IPhone, Gizmodo: Gruber Naive About Law - pauljonas
http://gilesbowkett.blogspot.com/2010/04/iphone-gizmodo-gruber-naive-about-law.html
======
danudey
What I don't get is that he claims that calling Apple is sufficient to make a
'good faith effort', and it may well be, but it ignores the fact that the
individual's next responsibility, if they can't get ahold of the owner, is to
turn the property in to the police.

The guy didn't even try to call or return to the bar to see if the owner had
tried to find it (he had).

He basically called Apple's 1-800 number, left a message with someone, and
then sold it to Gizmodo for five grand. That doesn't imply good faith. What it
implies to me is that he called Apple's public number, couldn't get through to
anyone, and then realized that it could be worth a lot of money to the right
people.

Hell, he even had the name of the employee from Facebook. Why didn't he
message the guy? Or call him?

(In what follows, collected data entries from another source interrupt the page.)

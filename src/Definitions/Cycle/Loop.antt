-- ===== src/Definitions/Cycle/Loop.antt =====
-- The `while` loop of Kahn's algorithm, with the keys that it has processed as a ghost list.
use mathlib.Core.Bool.{false≢true}
use mathlib.Core.WellFounded.{Acc}
use automation_platform.Base.{
  ℕ, ◌+◌, ◌≡◌, refl, true, false, some, List, [], ◌∷◌, String, arith, ◌==◌, if◌then◌else◌, inl, inr,
  sym, ◌∙◌, subst, length,
}
use automation_platform.Table.{In}
use automation_platform.Texts.{
  same, same_refl, same-cases, same_sym, has_text, occurrences, TextDict, get_text, Distinct,
}
use automation_platform.Definitions.Cycle.{CreateTaskDefinition}
use automation_platform.Definitions.Cycle.Children.{task_keys}

-- How many of the dependencies, with repetitions, are not processed.
abbrev pub unprocessed : List String → List String → ℕ
unprocessed done [] = 0
unprocessed done (d ∷ ds) = (if has_text d done then 0 else 1) + unprocessed done ds

-- How many of the tasks are not processed.
abbrev pub missing : List String → List CreateTaskDefinition → ℕ
missing done [] = 0
missing done (t ∷ ts) = (if has_text t.key done then 0 else 1) + missing done ts

-- The task with the key `k` depends on the key `d`.
pub record DependsOn (ts : List CreateTaskDefinition) (d k : String) : Type 0 where
  pub task : CreateTaskDefinition
  pub among : In task ts
  pub named : task.key ≡ k
  pub listed : has_text d task.dependencies ≡ true

pub unprocessed-cons :
    (k : String) (done ds : List String)
    → has_text k done ≡ false
    → unprocessed (k ∷ done) ds + occurrences k ds ≡ unprocessed done ds
unprocessed-cons k done [] h = omega arith
unprocessed-cons k done (d ∷ ds) h =
    let ih = unprocessed-cons k done ds h in
    let y = same_sym d k in
    elim (same-cases k d) [
      | inl (e, t) ↦
          let q : has_text d done ≡ false = subst (λ x. has_text x done ≡ false) e h in ground arith
      | inr (_, f) ↦ ground arith
    ]

missing_same :
    (k : String) (done : List String) (ts : List CreateTaskDefinition)
    → has_text k (task_keys ts) ≡ false
    → missing (k ∷ done) ts ≡ missing done ts
missing_same k done [] h = refl
missing_same k done (t ∷ ts) h = let y = same_sym t.key k in ground (arith, missing_same k done ts)

pub missing-cons :
    (k : String) (done : List String) (ts : List CreateTaskDefinition)
    → Distinct (task_keys ts)
    → has_text k done ≡ false
    → has_text k (task_keys ts) ≡ true
    → missing (k ∷ done) ts + 1 ≡ missing done ts
missing-cons k done [] u n h = absurd (false≢true h)
missing-cons k done (t ∷ ts) (x, u) n h =
    let y = same_sym t.key k in
    elim (same-cases k t.key) [
      | inl (e, b) ↦
          let q : has_text t.key done ≡ false = subst (λ x. has_text x done ≡ false) e n in
          let z =
            missing_same k done ts (subst (λ x. has_text x (task_keys ts) ≡ false) (sym e) x) in
          let c : same t.key k ≡ true = y ∙ b in rw (c, q) (omega arith)
      | inr (_, f) ↦
          let i : has_text k (task_keys ts) ≡ true = rw f at h in
          let ih = missing-cons k done ts u n i in
          let c : same t.key k ≡ false = y ∙ f in rw c (omega arith)
    ]

pub unprocessed_zero :
    (done ds : List String)
    → ((d : String) → has_text d ds ≡ true → has_text d done ≡ true)
    → unprocessed done ds ≡ 0
unprocessed_zero done [] h = refl
unprocessed_zero done (d ∷ ds) h =
    let r = same_refl d in
    let i = h d (ground arith) in
    let ih = unprocessed_zero done ds (λ x y. h x (ground arith)) in rw i (omega (arith, ih))

pub processed_of_zero :
    (done ds : List String)
    → unprocessed done ds ≡ 0
    → (d : String) → has_text d ds ≡ true
    → has_text d done ≡ true
processed_of_zero done [] z d h = absurd (false≢true h)
processed_of_zero done (x ∷ ds) z d h = elim (same-cases d x) [
  | inl (e, t) ↦ subst (λ y. has_text y done ≡ true) (sym e) (ground arith)
  | inr (_, f) ↦ processed_of_zero done ds (ground arith) d (rw f at h)
]

pub task_of_key :
    (ts : List CreateTaskDefinition) (k : String)
    → has_text k (task_keys ts) ≡ true
    → (t : CreateTaskDefinition) × In t ts × (t.key ≡ k)
task_of_key [] k h = absurd (false≢true h)
task_of_key (t ∷ ts) k h = elim (same-cases k t.key) [
  | inl (e, _) ↦ (t, inl refl, sym e)
  | inr (_, f) ↦ let (u, i, e) = task_of_key ts k (rw f at h) in (u, inr i, e)
]

pub record Inv (ts : List CreateTaskDefinition) (done : List String) (counts : TextDict ℕ)
    (ready : List String) (processed : ℕ) : Type 0 where
  pub counted :
      (t : CreateTaskDefinition)
      → In t ts
      → get_text t.key counts ≡ some (unprocessed done t.dependencies)
  -- on the stack, once each: the tasks that are not processed and wait for none
  pub listed :
      (t : CreateTaskDefinition)
      → In t ts
      → occurrences t.key ready
        ≡ (if has_text t.key done then 0 else if unprocessed done t.dependencies == 0 then 1 else 0)
  pub known : (k : String) → has_text k ready ≡ true → has_text k (task_keys ts) ≡ true
  pub finished :
      (t : CreateTaskDefinition)
      → In t ts
      → has_text t.key done ≡ true
      → unprocessed done t.dependencies ≡ 0
  pub sound : (k : String) → has_text k done ≡ true → Acc (DependsOn ts) k
  pub total : processed + missing done ts ≡ length ts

Why didn't he pack the thing up in an envelope
and ship it to him at 1 Infinite Loop?

He got greedy, and gave in to temptation. Gizmodo then bought something it new
didn't belong to the seller, rubbed Apple's nose in their lost property like a
schoolyard bully playing keep-away with some kid's ball, and then when the
teacher showed up to settle things, said 'I didn't want it anyway!' and gave
it back.

------
sunchild
How is this person more qualified than Gruber to opine on the law? They both
seem to be grasping at straws.